**Exercise data:**
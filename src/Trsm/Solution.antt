-- ===== src/Trsm/Solution.antt =====
-- `_trsm` after its checks: the whole of it, from the memory that the caller gives.
use mathlib.Core.Path.{ap₂, subst}
use native.Mathlib.Nat.{mul-le-mul_right}
use sycl_blas.Base.{
  ℕ, zero, suc, ◌+◌, ◌-◌, ◌*◌, ◌<◌, ◌≤◌, ◌≡◌, ◌≢◌, ◌⊎◌, inl, inr, Bool, true, false, refl, sym, ap,
  ◌∙◌, arith, if◌then◌else◌, leb, ◌==◌, ==_iff, Bool-cases, Result, ok, ◌>>=◌,
}
use sycl_blas.Base.Int.{ℤ, pos, ◌+ℤ◌, ◌-ℤ◌, pos_part}
use sycl_blas.Base.Scalar.{Scalar, IsExact}
use sycl_blas.Base.Matrices.{total, total_congr}
use sycl_blas.Meta.{round_up}
use sycl_blas.Container.{BufferIterator, get_size}
use sycl_blas.Views.{Store, store, make_matrix_view, get_range_accessor}
use sycl_blas.Kernel.{launch}
use sycl_blas.Executor.{Executor}
use sycl_blas.Blas1.{copy}
use sycl_blas.Blas1.Vectors.{IsVector}
use sycl_blas.Blas1.Updates.{copy_lem}
use sycl_blas.Gemm.Call.{GemmCall, IsGemm, entry_at}
use sycl_blas.Gemm.Interface.Scaling.{IsMatrix, room}
use sycl_blas.Trsm.Calls.{System, k_, block_size}
use sycl_blas.Trsm.{fill, inverter, num_blocks, b_size, solve_system}
use sycl_blas.Trsm.Inverter.{inverter_eval}
use sycl_blas.Trsm.Inverter.Blocks.{IsInvertible-congr}
use sycl_blas.Trsm.Inverter.Launch.{launch_elsewhere}
use sycl_blas.Trsm.Steps.{IsApart, at_side, equations, systems, b_at}
use sycl_blas.Trsm.States.{triangle, HasInverses, at_side_congr, op_side_congr}
use sycl_blas.Trsm.Loops.{goes_up, solve_blocks_lem}
use sycl_blas.Trsm.Inverses.{HasDiagonal, launch-HasInverses}

fill_other {ℓ} :
    {A : Type ℓ} (it : BufferIterator) (value : A) (size : ℕ) (st : Store A) (b : ℕ) (x : ℤ)
    → b ≢ it.buffer.name
    → fill it value size st b x ≡ st b x
unfolding fill store
fill_other it value zero st b x ne = refl
fill_other it value (suc size) st b x ne = elim (Bool-cases (b == it.buffer.name)) [
  | inl e ↦ absurd (ne ((==_iff b it.buffer.name).0 e))
  | inr e ↦ rw e (fill_other it value size st b x ne)
]

matrix-IsVector :
    (c : BufferIterator) (m n leading : ℕ)
    → 0 < n
    → IsMatrix c m n leading
    → IsVector c (pos 1) (leading * (n - 1) + m)
unfolding get_size
matrix-IsVector c m n leading some_columns im = record {
  start = im.start;
  at = im.at;
  nonzero = λ e. cc (e);
  enough = elim (im.enough) [
    | inl e ↦ absurd (omega arith)
    | inr fits ↦
        subst
          (λ o.
            (leading * (n - 1) + m ≡ 0)
            ⊎ (1 + (leading * (n - 1) + m - 1) * 1 ≤ pos_part (pos c.buffer.get_count -ℤ o)))
          (sym im.at) (room c.buffer.get_count im.start (leading * (n - 1) + m) (omega arith))
  ];
}

entry_inside :
    (m n leading row col : ℕ) → row < m → col < n → row + col * leading < leading * (n - 1) + m
entry_inside m n leading row col hr hc =
    let h : col * leading ≤ (n - 1) * leading = mul-le-mul_right leading (omega arith) in
    omega arith

-- A copy of the memory of one matrix to another of the same shape.
module _ {ℓ} {A : Type ℓ} (s : Scalar A) (ex : Executor) (some_items : 0 < ex.work_group_size)
    (x y : BufferIterator) (m n leading : ℕ) (some_columns : 0 < n)
    (x_matrix : IsMatrix x m n leading) (y_matrix : IsMatrix y m n leading)
    (apart : x.buffer.name ≢ y.buffer.name) (st : Store A) where
  abbrev copied : Store A
  copied = copy s ex (leading * (n - 1) + m) x (pos 1) y (pos 1) st

  copy_entry :
      (row col : ℕ)
      → row < m
      → col < n
      → entry_at copied y leading row col ≡ entry_at st x leading row col
  copy_entry row col hr hc =
      ap (λ i. copied y.buffer.name (y.offset +ℤ pos i)) {x = row + col * leading}
        {y = (row + col * leading) * 1} (omega arith)
      ∙ (copy_lem s ex some_items (leading * (n - 1) + m) x (pos 1) y (pos 1) st
            (matrix-IsVector x m n leading some_columns x_matrix)
            (matrix-IsVector y m n leading some_columns y_matrix) apart).0
          (row + col * leading) (entry_inside m n leading row col hr hc)
      ∙ ap (λ i. st x.buffer.name (x.offset +ℤ pos i)) {x = (row + col * leading) * 1}
          {y = row + col * leading} (omega arith)

  copy_other : (b : ℕ) (a : ℤ) → b ≢ y.buffer.name → copied b a ≡ st b a
  copy_other b a ne =
      (copy_lem s ex some_items (leading * (n - 1) + m) x (pos 1) y (pos 1) st
          (matrix-IsVector x m n leading some_columns x_matrix)
          (matrix-IsVector y m n leading some_columns y_matrix) apart).1
        b a (λ i h e. ne e.0)

  copy_side :
      (side : Bool) (c q : ℕ)
      → c < (if side then m else n)
      → q < (if side then n else m)
      → at_side side copied y leading c q ≡ at_side side st x leading c q
  copy_side true c q hc hq = copy_entry c q hc hq
  copy_side false c q hc hq = copy_entry q c hq hc

module _ {ℓ} {A : Type ℓ} {s : Scalar A} (exact : IsExact s)
    (add-neg : (x : A) → s.add x (s.neg x) ≡ s.zero) (ex : Executor)
    (some_items : 0 < ex.work_group_size) {run : GemmCall A → Store A → Result (Store A)}
    (gemm : IsGemm exact run) (t : System A) (apart : IsApart t) (some_rows : 0 < t.m)
    (some_columns : 0 < t.n) (x_matrix : IsMatrix t.x_ t.m t.n t.ldb)
    (b_matrix : IsMatrix t.b_ t.m t.n t.ldb) (st : Store A) where
  abbrev filled : Store A
  filled = fill t.inv_a_ s.zero (round_up (k_ s t) block_size * block_size) st

  abbrev inverted : Store A
  inverted =
      launch (num_blocks s ex run t * block_size) (inverter_eval s (inverter s ex run t)) filled

  abbrev start : Store A
  start = copy s ex (b_size s ex run t) t.b_ (pos 1) t.x_ (pos 1) inverted

  start_other :
      (b : ℕ) (x : ℤ) → b ≢ t.x_.buffer.name → b ≢ t.inv_a_.buffer.name → start b x ≡ st b x
  unfolding make_matrix_view get_range_accessor
  start_other b x ne ne' =
      copy_other s ex some_items t.b_ t.x_ t.m t.n t.ldb some_columns b_matrix x_matrix
        (λ e. apart.x_b (sym e)) inverted b x ne
      ∙ launch_elsewhere s (inverter s ex run t) (omega arith) (num_blocks s ex run t) apart.a_inv
          filled b x ne'
      ∙ fill_other t.inv_a_ s.zero _ st b x ne'

  some_equations : (side : Bool) → 0 < equations side t
  some_equations true = some_rows
  some_equations false = some_columns

  inverted_same : (b : ℕ) (x : ℤ) → b ≢ t.x_.buffer.name → start b x ≡ inverted b x
  inverted_same b x ne =
      copy_other s ex some_items t.b_ t.x_ t.m t.n t.ldb some_columns b_matrix x_matrix
        (λ e. apart.x_b (sym e)) inverted b x ne

  filled-HasDiagonal : HasDiagonal s t st → HasDiagonal s t filled
  filled-HasDiagonal diagonal =
      IsInvertible-congr s t.is_unit_diag (equations t.is_left t) _ _
        (λ j hj. sym (fill_other t.inv_a_ s.zero _ st t.a_.buffer.name _ apart.a_inv)) diagonal

  start-HasInverses : HasDiagonal s t st → HasInverses exact t (goes_up t) start
  start-HasInverses diagonal =
      launch-HasInverses exact add-neg ex t run apart.a_inv filled start
        (λ x.
          start_other t.a_.buffer.name x apart.a_x apart.a_inv
          ∙ sym (fill_other t.inv_a_ s.zero _ st t.a_.buffer.name x apart.a_inv))
        (λ x. inverted_same t.inv_a_.buffer.name x apart.inv_x) (filled-HasDiagonal diagonal)

  triangle_same :
      (row c : ℕ) → triangle s t (goes_up t) st row c ≡ triangle s t (goes_up t) start row c
  triangle_same row c =
      ap (λ v. if (if goes_up t then leb c row else leb row c) then v else s.zero)
        (op_side_congr st start t.a_
          (λ x. sym (start_other t.a_.buffer.name x apart.a_x apart.a_inv)) t.is_left t.is_transpose
          t.lda row c)

  -- `_trsm` ends, and leaves in B the solution of the triangular system: on the left of X the matrix
  -- `op(A)` and on the right its transpose, with zeros outside the triangle, times the solution is
  -- alpha times B of the memory before, and all other buffers of the caller are as before. This is
  -- for exact arithmetic, a `_gemm` that multiplies, four buffers, B and X in their buffers with
  -- columns that do not overlap, at least one row and column, and a diagonal of elements with
  -- reciprocals, or of ones for a unit diagonal.
  pub solve_system_lem :
      HasDiagonal s t st
      → (out : Store A) × (solve_system s ex run t st ≡ ok out)
        × ((row q : ℕ)
            → row < equations t.is_left t
            → q < systems t.is_left t
            → total exact
                (equations t.is_left t)
                (λ c. s.mul (triangle s t (goes_up t) st row c) (b_at t t.is_left out c q))
              ≡ s.mul t.alpha (b_at t t.is_left st row q))
        × ((b : ℕ) (x : ℤ)
            → b ≢ t.b_.buffer.name
            → b ≢ t.x_.buffer.name
            → b ≢ t.inv_a_.buffer.name
            → out b x ≡ st b x)
  unfolding solve_system
  solve_system_lem diagonal =
      let solved =
        solve_blocks_lem exact t gemm add-neg x_matrix b_matrix apart start
          (some_equations t.is_left) (start-HasInverses diagonal) in
      (
        copy s ex (b_size s ex run t) t.x_ (pos 1) t.b_ (pos 1) solved.0,
        ap
            (λ r.
              r >>= λ solved. ok (copy s ex (b_size s ex run t) t.x_ (pos 1) t.b_ (pos 1) solved))
            solved.1,
        λ row q hr hq.
            total_congr exact (equations t.is_left t) _ _ (λ c hc. ap₂ s.mul (triangle_same row c) (
              copy_side s ex some_items t.x_ t.b_ t.m t.n t.ldb some_columns x_matrix b_matrix
                apart.x_b solved.0 t.is_left c q hc hq))
            ∙ solved.2.holds row q hr hq
            ∙ ap (s.mul t.alpha) (
                at_side_congr start st t.b_
                  (λ x.
                    start_other t.b_.buffer.name x (λ e. apart.x_b (sym e))
                      (λ e. apart.inv_b (sym e)))
                  t.is_left t.ldb row q),
        λ b x ne_b ne_x ne_inv.
            copy_other s ex some_items t.x_ t.b_ t.m t.n t.ldb some_columns x_matrix b_matrix
              apart.x_b solved.0 b x ne_b
            ∙ solved.2.kept b x ne_x ne_b
            ∙ start_other b x ne_x ne_inv,
      )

**Requirement:**
Could you state how many lines above include the word "Scalar"? Reply with that number alone.

**Solution to this problem:**
3